# Saved data entries:

######

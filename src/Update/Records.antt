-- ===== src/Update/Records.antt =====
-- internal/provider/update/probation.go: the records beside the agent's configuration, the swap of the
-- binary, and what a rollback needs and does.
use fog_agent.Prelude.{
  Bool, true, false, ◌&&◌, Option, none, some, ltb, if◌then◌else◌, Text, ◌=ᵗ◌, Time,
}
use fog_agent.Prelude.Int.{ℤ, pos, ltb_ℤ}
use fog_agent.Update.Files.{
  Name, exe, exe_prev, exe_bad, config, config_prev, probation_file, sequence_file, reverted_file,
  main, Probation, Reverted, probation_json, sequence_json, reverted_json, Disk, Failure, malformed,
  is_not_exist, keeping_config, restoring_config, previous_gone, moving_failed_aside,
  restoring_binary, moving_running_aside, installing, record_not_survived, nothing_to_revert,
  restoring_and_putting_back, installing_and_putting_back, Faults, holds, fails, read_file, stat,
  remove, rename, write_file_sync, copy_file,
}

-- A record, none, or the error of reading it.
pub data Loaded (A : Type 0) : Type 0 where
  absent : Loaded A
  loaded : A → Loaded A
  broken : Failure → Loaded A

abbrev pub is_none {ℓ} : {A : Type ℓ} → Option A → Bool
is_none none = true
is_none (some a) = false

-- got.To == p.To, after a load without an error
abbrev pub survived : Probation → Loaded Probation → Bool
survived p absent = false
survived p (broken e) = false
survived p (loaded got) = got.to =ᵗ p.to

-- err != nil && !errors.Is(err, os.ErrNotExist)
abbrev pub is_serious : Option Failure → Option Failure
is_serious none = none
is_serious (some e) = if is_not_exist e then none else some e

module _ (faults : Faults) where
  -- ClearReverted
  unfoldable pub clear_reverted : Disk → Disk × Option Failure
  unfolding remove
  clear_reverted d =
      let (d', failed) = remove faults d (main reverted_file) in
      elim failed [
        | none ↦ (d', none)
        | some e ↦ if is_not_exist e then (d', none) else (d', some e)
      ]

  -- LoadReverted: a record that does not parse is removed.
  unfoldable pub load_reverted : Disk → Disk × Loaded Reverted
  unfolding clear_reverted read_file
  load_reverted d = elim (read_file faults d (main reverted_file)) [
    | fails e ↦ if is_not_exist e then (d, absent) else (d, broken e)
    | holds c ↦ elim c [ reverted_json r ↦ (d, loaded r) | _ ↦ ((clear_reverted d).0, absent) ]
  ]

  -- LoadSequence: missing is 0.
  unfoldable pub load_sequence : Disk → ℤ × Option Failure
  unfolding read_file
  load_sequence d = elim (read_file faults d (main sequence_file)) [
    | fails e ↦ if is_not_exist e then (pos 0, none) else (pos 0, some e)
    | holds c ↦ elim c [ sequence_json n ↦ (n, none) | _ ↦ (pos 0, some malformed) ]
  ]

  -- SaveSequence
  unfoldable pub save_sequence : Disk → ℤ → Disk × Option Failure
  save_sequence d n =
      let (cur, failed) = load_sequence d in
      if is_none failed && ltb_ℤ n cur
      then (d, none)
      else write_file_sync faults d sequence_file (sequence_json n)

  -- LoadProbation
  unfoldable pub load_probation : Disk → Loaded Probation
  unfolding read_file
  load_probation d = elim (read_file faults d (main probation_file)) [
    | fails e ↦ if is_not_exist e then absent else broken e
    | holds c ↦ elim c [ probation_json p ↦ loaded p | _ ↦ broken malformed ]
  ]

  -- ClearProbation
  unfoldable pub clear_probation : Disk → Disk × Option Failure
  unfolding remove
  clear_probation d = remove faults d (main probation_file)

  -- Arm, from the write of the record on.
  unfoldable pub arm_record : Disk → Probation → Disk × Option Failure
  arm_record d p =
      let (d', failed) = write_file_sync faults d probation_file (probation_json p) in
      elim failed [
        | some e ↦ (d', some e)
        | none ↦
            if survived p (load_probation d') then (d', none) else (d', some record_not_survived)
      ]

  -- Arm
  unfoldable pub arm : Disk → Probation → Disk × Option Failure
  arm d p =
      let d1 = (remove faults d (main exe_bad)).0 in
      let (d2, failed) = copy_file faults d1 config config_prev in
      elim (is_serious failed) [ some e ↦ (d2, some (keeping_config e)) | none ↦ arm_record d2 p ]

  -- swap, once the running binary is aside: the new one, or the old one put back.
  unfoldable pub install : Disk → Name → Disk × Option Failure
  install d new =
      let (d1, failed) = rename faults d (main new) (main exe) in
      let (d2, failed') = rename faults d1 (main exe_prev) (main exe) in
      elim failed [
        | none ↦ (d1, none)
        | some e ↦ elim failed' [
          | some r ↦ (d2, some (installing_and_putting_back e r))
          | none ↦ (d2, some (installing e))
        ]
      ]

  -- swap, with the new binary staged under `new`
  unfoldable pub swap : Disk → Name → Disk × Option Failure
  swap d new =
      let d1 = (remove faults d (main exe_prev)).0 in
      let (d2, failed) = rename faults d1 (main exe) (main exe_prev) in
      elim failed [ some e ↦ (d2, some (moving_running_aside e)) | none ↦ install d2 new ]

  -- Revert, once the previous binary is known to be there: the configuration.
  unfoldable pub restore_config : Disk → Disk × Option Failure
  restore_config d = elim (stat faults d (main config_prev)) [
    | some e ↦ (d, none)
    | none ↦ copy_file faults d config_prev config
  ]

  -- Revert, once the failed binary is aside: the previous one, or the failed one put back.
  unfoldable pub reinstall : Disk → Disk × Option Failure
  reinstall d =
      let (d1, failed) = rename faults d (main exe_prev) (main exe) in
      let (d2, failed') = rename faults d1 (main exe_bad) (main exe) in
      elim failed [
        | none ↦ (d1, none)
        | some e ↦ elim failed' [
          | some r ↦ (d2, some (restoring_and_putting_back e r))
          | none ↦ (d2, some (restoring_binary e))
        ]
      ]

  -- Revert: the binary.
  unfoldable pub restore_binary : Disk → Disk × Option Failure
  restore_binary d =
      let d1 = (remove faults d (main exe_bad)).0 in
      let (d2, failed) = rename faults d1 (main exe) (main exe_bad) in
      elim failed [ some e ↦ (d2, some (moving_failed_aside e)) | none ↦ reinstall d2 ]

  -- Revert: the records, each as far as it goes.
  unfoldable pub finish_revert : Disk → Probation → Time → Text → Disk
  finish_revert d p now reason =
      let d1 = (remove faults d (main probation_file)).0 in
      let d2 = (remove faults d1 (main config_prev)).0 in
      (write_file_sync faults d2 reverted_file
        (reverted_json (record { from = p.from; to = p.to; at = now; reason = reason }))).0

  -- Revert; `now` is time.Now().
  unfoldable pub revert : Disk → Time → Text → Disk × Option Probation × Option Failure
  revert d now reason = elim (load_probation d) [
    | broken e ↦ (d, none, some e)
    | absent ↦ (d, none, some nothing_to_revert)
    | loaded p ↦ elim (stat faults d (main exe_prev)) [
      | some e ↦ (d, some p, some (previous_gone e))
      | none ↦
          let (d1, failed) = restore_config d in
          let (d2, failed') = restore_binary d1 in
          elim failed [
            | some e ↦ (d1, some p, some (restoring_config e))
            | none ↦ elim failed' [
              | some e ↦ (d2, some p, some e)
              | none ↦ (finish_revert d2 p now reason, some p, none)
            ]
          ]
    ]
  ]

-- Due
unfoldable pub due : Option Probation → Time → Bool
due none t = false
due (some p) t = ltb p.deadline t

######

# Problem requirements:
Reproduce every line above. Keep it exact.

# Task result:
filename src/Update/Records.antt
-- ===== src/Update/Records.antt =====
-- internal/provider/update/probation.go: the records beside the agent's configuration, the swap of the
-- binary, and what a rollback needs and does.
use fog_agent.Prelude.{
  Bool, true, false, ◌&&◌, Option, none, some, ltb, if◌then◌else◌, Text, ◌=ᵗ◌, Time,
}
use fog_agent.Prelude.Int.{ℤ, pos, ltb_ℤ}
use fog_agent.Update.Files.{
  Name, exe, exe_prev, exe_bad, config, config_prev, probation_file, sequence_file, reverted_file,
  main, Probation, Reverted, probation_json, sequence_json, reverted_json, Disk, Failure, malformed,
  is_not_exist, keeping_config, restoring_config, previous_gone, moving_failed_aside,
  restoring_binary, moving_running_aside, installing, record_not_survived, nothing_to_revert,
  restoring_and_putting_back, installing_and_putting_back, Faults, holds, fails, read_file, stat,
  remove, rename, write_file_sync, copy_file,
}

-- A record, none, or the error of reading it.
pub data Loaded (A : Type 0) : Type 0 where
  absent : Loaded A
  loaded : A → Loaded A
  broken : Failure → Loaded A

abbrev pub is_none {ℓ} : {A : Type ℓ} → Option A → Bool
is_none none = true
is_none (some a) = false

-- got.To == p.To, after a load without an error
abbrev pub survived : Probation → Loaded Probation → Bool
survived p absent = false
survived p (broken e) = false
survived p (loaded got) = got.to =ᵗ p.to

-- err != nil && !errors.Is(err, os.ErrNotExist)
abbrev pub is_serious : Option Failure → Option Failure
is_serious none = none
is_serious (some e) = if is_not_exist e then none else some e

module _ (faults : Faults) where
  -- ClearReverted
  unfoldable pub clear_reverted : Disk → Disk × Option Failure
  unfolding remove
  clear_reverted d =
      let (d', failed) = remove faults d (main reverted_file) in
      elim failed [
        | none ↦ (d', none)
        | some e ↦ if is_not_exist e then (d', none) else (d', some e)
      ]

  -- LoadReverted: a record that does not parse is removed.
  unfoldable pub load_reverted : Disk → Disk × Loaded Reverted
  unfolding clear_reverted read_file
  load_reverted d = elim (read_file faults d (main reverted_file)) [
    | fails e ↦ if is_not_exist e then (d, absent) else (d, broken e)
    | holds c ↦ elim c [ reverted_json r ↦ (d, loaded r) | _ ↦ ((clear_reverted d).0, absent) ]
  ]

  -- LoadSequence: missing is 0.
  unfoldable pub load_sequence : Disk → ℤ × Option Failure
  unfolding read_file
  load_sequence d = elim (read_file faults d (main sequence_file)) [
    | fails e ↦ if is_not_exist e then (pos 0, none) else (pos 0, some e)
    | holds c ↦ elim c [ sequence_json n ↦ (n, none) | _ ↦ (pos 0, some malformed) ]
  ]

  -- SaveSequence
  unfoldable pub save_sequence : Disk → ℤ → Disk × Option Failure
  save_sequence d n =
      let (cur, failed) = load_sequence d in
      if is_none failed && ltb_ℤ n cur
      then (d, none)
      else write_file_sync faults d sequence_file (sequence_json n)

  -- LoadProbation
  unfoldable pub load_probation : Disk → Loaded Probation
  unfolding read_file
  load_probation d = elim (read_file faults d (main probation_file)) [
    | fails e ↦ if is_not_exist e then absent else broken e
    | holds c ↦ elim c [ probation_json p ↦ loaded p | _ ↦ broken malformed ]
  ]

  -- ClearProbation
  unfoldable pub clear_probation : Disk → Disk × Option Failure
  unfolding remove
  clear_probation d = remove faults d (main probation_file)

  -- Arm, from the write of the record on.
  unfoldable pub arm_record : Disk → Probation → Disk × Option Failure
  arm_record d p =
      let (d', failed) = write_file_sync faults d probation_file (probation_json p) in
      elim failed [
        | some e ↦ (d', some e)
        | none ↦
            if survived p (load_probation d') then (d', none) else (d', some record_not_survived)
      ]

  -- Arm
  unfoldable pub arm : Disk → Probation → Disk × Option Failure
  arm d p =
      let d1 = (remove faults d (main exe_bad)).0 in
      let (d2, failed) = copy_file faults d1 config config_prev in
      elim (is_serious failed) [ some e ↦ (d2, some (keeping_config e)) | none ↦ arm_record d2 p ]

  -- swap, once the running binary is aside: the new one, or the old one put back.
  unfoldable pub install : Disk → Name → Disk × Option Failure
  install d new =
      let (d1, failed) = rename faults d (main new) (main exe) in
      let (d2, failed') = rename faults d1 (main exe_prev) (main exe) in
      elim failed [
        | none ↦ (d1, none)
        | some e ↦ elim failed' [
          | some r ↦ (d2, some (installing_and_putting_back e r))
          | none ↦ (d2, some (installing e))
        ]
      ]

  -- swap, with the new binary staged under `new`
  unfoldable pub swap : Disk → Name → Disk × Option Failure
  swap d new =
      let d1 = (remove faults d (main exe_prev)).0 in
      let (d2, failed) = rename faults d1 (main exe) (main exe_prev) in
      elim failed [ some e ↦ (d2, some (moving_running_aside e)) | none ↦ install d2 new ]

  -- Revert, once the previous binary is known to be there: the configuration.
  unfoldable pub restore_config : Disk → Disk × Option Failure
  restore_config d = elim (stat faults d (main config_prev)) [
    | some e ↦ (d, none)
    | none ↦ copy_file faults d config_prev config
  ]

  -- Revert, once the failed binary is aside: the previous one, or the failed one put back.
  unfoldable pub reinstall : Disk → Disk × Option Failure
  reinstall d =
      let (d1, failed) = rename faults d (main exe_prev) (main exe) in
      let (d2, failed') = rename faults d1 (main exe_bad) (main exe) in
      elim failed [
        | none ↦ (d1, none)
        | some e ↦ elim failed' [
          | some r ↦ (d2, some (restoring_and_putting_back e r))
          | none ↦ (d2, some (restoring_binary e))
        ]
      ]

  -- Revert: the binary.
  unfoldable pub restore_binary : Disk → Disk × Option Failure
  restore_binary d =
      let d1 = (remove faults d (main exe_bad)).0 in
      let (d2, failed) = rename faults d1 (main exe) (main exe_bad) in
      elim failed [ some e ↦ (d2, some (moving_failed_aside e)) | none ↦ reinstall d2 ]

  -- Revert: the records, each as far as it goes.
  unfoldable pub finish_revert : Disk → Probation → Time → Text → Disk
  finish_revert d p now reason =
      let d1 = (remove faults d (main probation_file)).0 in
      let d2 = (remove faults d1 (main config_prev)).0 in
      (write_file_sync faults d2 reverted_file
        (reverted_json (record { from = p.from; to = p.to; at = now; reason = reason }))).0

  -- Revert; `now` is time.Now().
  unfoldable pub revert : Disk → Time → Text → Disk × Option Probation × Option Failure
  revert d now reason = elim (load_probation d) [
    | broken e ↦ (d, none, some e)
    | absent ↦ (d, none, some nothing_to_revert)
    | loaded p ↦ elim (stat faults d (main exe_prev)) [
      | some e ↦ (d, some p, some (previous_gone e))
      | none ↦
          let (d1, failed) = restore_config d in
          let (d2, failed') = restore_binary d1 in
          elim failed [
            | some e ↦ (d1, some p, some (restoring_config e))
            | none ↦ elim failed' [
              | some e ↦ (d2, some p, some e)
              | none ↦ (finish_revert d2 p now reason, some p, none)
            ]
          ]
    ]
  ]

-- Due
unfoldable pub due : Option Probation → Time → Bool
due none t = false
due (some p) t = ltb p.deadline t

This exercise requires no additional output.